Paul Kruger, the President of the Transvaal, blamed Rhodes, ‘a bare-faced
financier and the Devil incarnate’, for using ‘his gold and diamonds’ to attract ‘so
many greedy foreigners to the country’ to the point of outnumbering the Boers in
‘their own’ land. By denying the foreigners or ‘Uitlanders’ ‘political rights, the right to
naturalisation as well as the right to vote’, Kruger hoped to contain them. Kruger
and Rhodes were singing from the same hymnal of narrow nationalism, a European
model of life as a zero sum game of ‘everyone for himself and God for us all’.
In addition to being an Uitlander, Rhodes should also be understood as a
makwerekwere, with much in common with the black African migrants of yesteryear
who joined him and his fellow Europeans to dig for diamonds in Kimberley. Rhodes
should equally be seen as having a lot in common with present-day amakwerekwere,
who are targeted by xenophobic violence caused by the narrow nationalism fostered
by Rhodes in the name of empire-building for Britain and the British as God’s
chosen country and race.

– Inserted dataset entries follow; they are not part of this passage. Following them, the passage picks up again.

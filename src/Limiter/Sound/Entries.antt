-- ===== src/Limiter/Sound/Entries.antt =====
-- The loops over the keys keep every record good, the keys distinct and the map no larger.
use gu_gu_manager.Base.{
  ℕ, ◌≤◌, ◌≡◌, refl, inl, inr, String, none, some, List, [], ◌∷◌, arith, length, Bool-cases,
  Option-cases,
}
use gu_gu_manager.Base.Maps.{
  Assoc, lookup, insert, remove, IsDistinct, AllValues, insert-IsDistinct, remove-IsDistinct,
  length-insert, length-remove, insert-AllValues, remove-AllValues, lookup-AllValues,
}
use gu_gu_manager.Limiter.State.{AttemptLimit, AttemptState, is_idle, prune, store_or_delete}
use gu_gu_manager.Limiter.Reserve.{Checked, check_state, check_key, check_keys, prune_entries}
use gu_gu_manager.Limiter.Complete.{
  CompletionKind, complete_key, complete_keys, reset_key, reset_keys,
}
use gu_gu_manager.Limiter.Sound.States.{
  IsTame, IsGood, prune-IsTame, prune_blocked, clear_failures-IsTame, complete_state-IsTame,
}

-- The records and the keys of a map, and a bound on its size.
pub record IsSound (config : AttemptLimit) (n : ℕ) (m : Assoc AttemptState) : Type 0 where
  pub states : AllValues (IsGood config) m
  pub distinct : IsDistinct m
  pub sized : length m ≤ n

module _ (config : AttemptLimit) (n : ℕ) where
  pub remove-IsSound :
      (key : String) (m : Assoc AttemptState) → IsSound config n m → IsSound config n (remove key m)
  remove-IsSound key m v = record {
    states = remove-AllValues (IsGood config) key m v.states;
    distinct = remove-IsDistinct key m v.distinct;
    sized = ground (arith, length-remove key m v.distinct, v.sized);
  }

  -- An entry that is there is replaced.
  pub replace-IsSound :
      (key : String) (s t : AttemptState) (m : Assoc AttemptState)
      → lookup key m ≡ some t
      → IsGood config s
      → IsSound config n m
      → IsSound config n (insert key s m)
  replace-IsSound key s t m e g v = record {
    states = insert-AllValues (IsGood config) key s m g v.states;
    distinct = insert-IsDistinct key s m v.distinct;
    sized = ground (arith, length-insert key s m, v.sized);
  }

  IsTame-of_lookup :
      (key : String) (s : AttemptState) (m : Assoc AttemptState)
      → IsSound config n m
      → lookup key m ≡ some s
      → IsTame config s
  IsTame-of_lookup key s m v e = ground (arith, lookup-AllValues (IsGood config) key s m v.states)

  pub store_or_delete-IsSound :
      (key : String) (s t : AttemptState) (m : Assoc AttemptState)
      → lookup key m ≡ some t
      → IsTame config s
      → IsSound config n m
      → IsSound config n (store_or_delete key s m)
  unfolding store_or_delete
  store_or_delete-IsSound key s t m e h v = elim (Bool-cases (is_idle s)) [
    | inl idle ↦ rw (idle, store_or_delete) (remove-IsSound key m v)
    | inr live ↦
        rw (live, store_or_delete)
          (replace-IsSound key s t m e
            (record { bounded = h.bounded; exclusive = h.exclusive; live = live }) v)
  ]

  module _ (now : ℕ) where
    check_state-IsSound :
        (key : String) (s t : AttemptState) (c : Checked)
        → lookup key c.entries ≡ some t
        → IsTame config s
        → IsSound config n c.entries
        → IsSound config n (check_state config now key s c).entries
    unfolding check_state
    check_state-IsSound key s t c e h v = elim (Bool-cases (is_idle s)) [
      | inl idle ↦ rw (idle, check_state) (remove-IsSound key c.entries v)
      | inr live ↦
          rw (live, check_state)
            (replace-IsSound key s t c.entries e
              (record { bounded = h.bounded; exclusive = h.exclusive; live = live }) v)
    ]

    check_key-IsSound :
        (key : String) (c : Checked)
        → IsSound config n c.entries
        → IsSound config n (check_key config now key c).entries
    unfolding check_key
    check_key-IsSound key c v = elim (Option-cases (lookup key c.entries)) [
      | inl e ↦ rw (e, check_key) v
      | inr (s, e) ↦
          rw (e, check_key)
            (check_state-IsSound key (prune config s now) s c e
              (prune-IsTame config s now (IsTame-of_lookup key s c.entries v e)) v)
    ]

    pub check_keys-IsSound :
        (keys : List String) (c : Checked)
        → IsSound config n c.entries
        → IsSound config n (check_keys config now keys c).entries
    unfolding check_keys
    check_keys-IsSound [] c v = v
    check_keys-IsSound (key ∷ keys) c v =
        check_keys-IsSound keys (check_key config now key c) (check_key-IsSound key c v)

    module _ (kind : CompletionKind) (cleared : List String) where
      complete_key-IsSound :
          (key : String) (m : Assoc AttemptState)
          → IsSound config n m
          → IsSound config n (complete_key config kind cleared now key m)
      unfolding complete_key
      complete_key-IsSound key m v = elim (Option-cases (lookup key m)) [
        | inl e ↦ rw (e, complete_key) v
        | inr (s, e) ↦
            rw (e, complete_key)
              (store_or_delete-IsSound key _ s m e
                (complete_state-IsTame config kind _ now _ (prune_blocked config s now)
                  (prune-IsTame config s now (IsTame-of_lookup key s m v e)))
                v)
      ]

      pub complete_keys-IsSound :
          (keys : List String) (m : Assoc AttemptState)
          → IsSound config n m
          → IsSound config n (complete_keys config kind cleared now keys m)
      unfolding complete_keys
      complete_keys-IsSound [] m v = v
      complete_keys-IsSound (key ∷ keys) m v =
          complete_keys-IsSound keys (complete_key config kind cleared now key m)
            (complete_key-IsSound key m v)

    reset_key-IsSound :
        (key : String) (m : Assoc AttemptState)
        → IsSound config n m
        → IsSound config n (reset_key config now key m)
    unfolding reset_key
    reset_key-IsSound key m v = elim (Option-cases (lookup key m)) [
      | inl e ↦ rw (e, reset_key) v
      | inr (s, e) ↦
          rw (e, reset_key)
            (store_or_delete-IsSound key _ s m e
              (clear_failures-IsTame config _
                (prune-IsTame config s now (IsTame-of_lookup key s m v e)))
              v)
    ]

    pub reset_keys-IsSound :
        (keys : List String) (m : Assoc AttemptState)
        → IsSound config n m
        → IsSound config n (reset_keys config now keys m)
    unfolding reset_keys
    reset_keys-IsSound [] m v = v
    reset_keys-IsSound (key ∷ keys) m v =
        reset_keys-IsSound keys (reset_key config now key m) (reset_key-IsSound key m v)

module _ (config : AttemptLimit) (now : ℕ) where
  pub lookup-prune_entries-none :
      (key : String) (m : Assoc AttemptState)
      → lookup key m ≡ none
      → lookup key (prune_entries config now m) ≡ none
  unfolding lookup prune_entries
  lookup-prune_entries-none key [] h = refl
  lookup-prune_entries-none key ((k, s) ∷ m) h = ground (arith, lookup-prune_entries-none key m)

  prune_entries-IsDistinct :
      (m : Assoc AttemptState) → IsDistinct m → IsDistinct (prune_entries config now m)
  unfolding prune_entries
  prune_entries-IsDistinct [] d = tt
  prune_entries-IsDistinct ((k, s) ∷ m) d =
      ground (arith, prune_entries-IsDistinct m d.1, lookup-prune_entries-none k m)

  prune_entries-AllValues :
      (m : Assoc AttemptState)
      → AllValues (IsGood config) m
      → AllValues (IsGood config) (prune_entries config now m)
  unfolding prune_entries
  prune_entries-AllValues [] h = tt
  prune_entries-AllValues ((k, s) ∷ m) h =
      let kept =
        prune-IsTame config s now (record { bounded = h.0.bounded; exclusive = h.0.exclusive }) in
      ground (arith, prune_entries-AllValues m h.1, kept)

  length-prune_entries : (m : Assoc AttemptState) → length (prune_entries config now m) ≤ length m
  unfolding prune_entries
  length-prune_entries [] = omega arith
  length-prune_entries ((k, s) ∷ m) = ground (arith, length-prune_entries m)

  pub prune_entries-IsSound :
      (n : ℕ) (m : Assoc AttemptState)
      → IsSound config n m
      → IsSound config n (prune_entries config now m)
  prune_entries-IsSound n m v = record {
    states = prune_entries-AllValues m v.states;
    distinct = prune_entries-IsDistinct m v.distinct;
    sized = omega (arith, length-prune_entries m, v.sized);
  }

We may not know what exactly southern Africans
experienced in their encounters with Rhodes and his fellow white treasure-hunting
adventurers, because the history of such encounters is preponderantly recounted by
whites and those they have schooled to reproduce their ways and art of storytelling.
But if the current scapegoating of Rhodes and his descendants by the post-apartheid
‘liberated’ sons and daughters of the native soil is anything to go by, it is very likely
that their forefathers and mothers cursed, lamented and scapegoated whites for all
the ills that befell them.
If we take the underlying idea of makwerekwere as a mechanism for detecting
strangers, outsiders or those who do not belong, then there is no reason why we
should confine the idea of an outsider or stranger to a particular skin colour. The
borders or intimacies we seek to protect can be violated by anyone with a capacity
to cross borders.
Seen more in terms of consciousness than container, makwerekwere is any outsider
or a perfect stranger who crosses borders nimble-footedly. A makwerekwere often
comes uninvited and without seeking consent from those who regard themselves as
bona fide sons and daughters of the native soil or homeland. He or she has little
mastery of local cultures, tends to stutter in local languages and speak in foreign
tongues few master locally, has an unmistakeable nose for a quick fortune at all costs,
and is usually perceived to be ruthless and greedy in his or her pursuit of self-interest.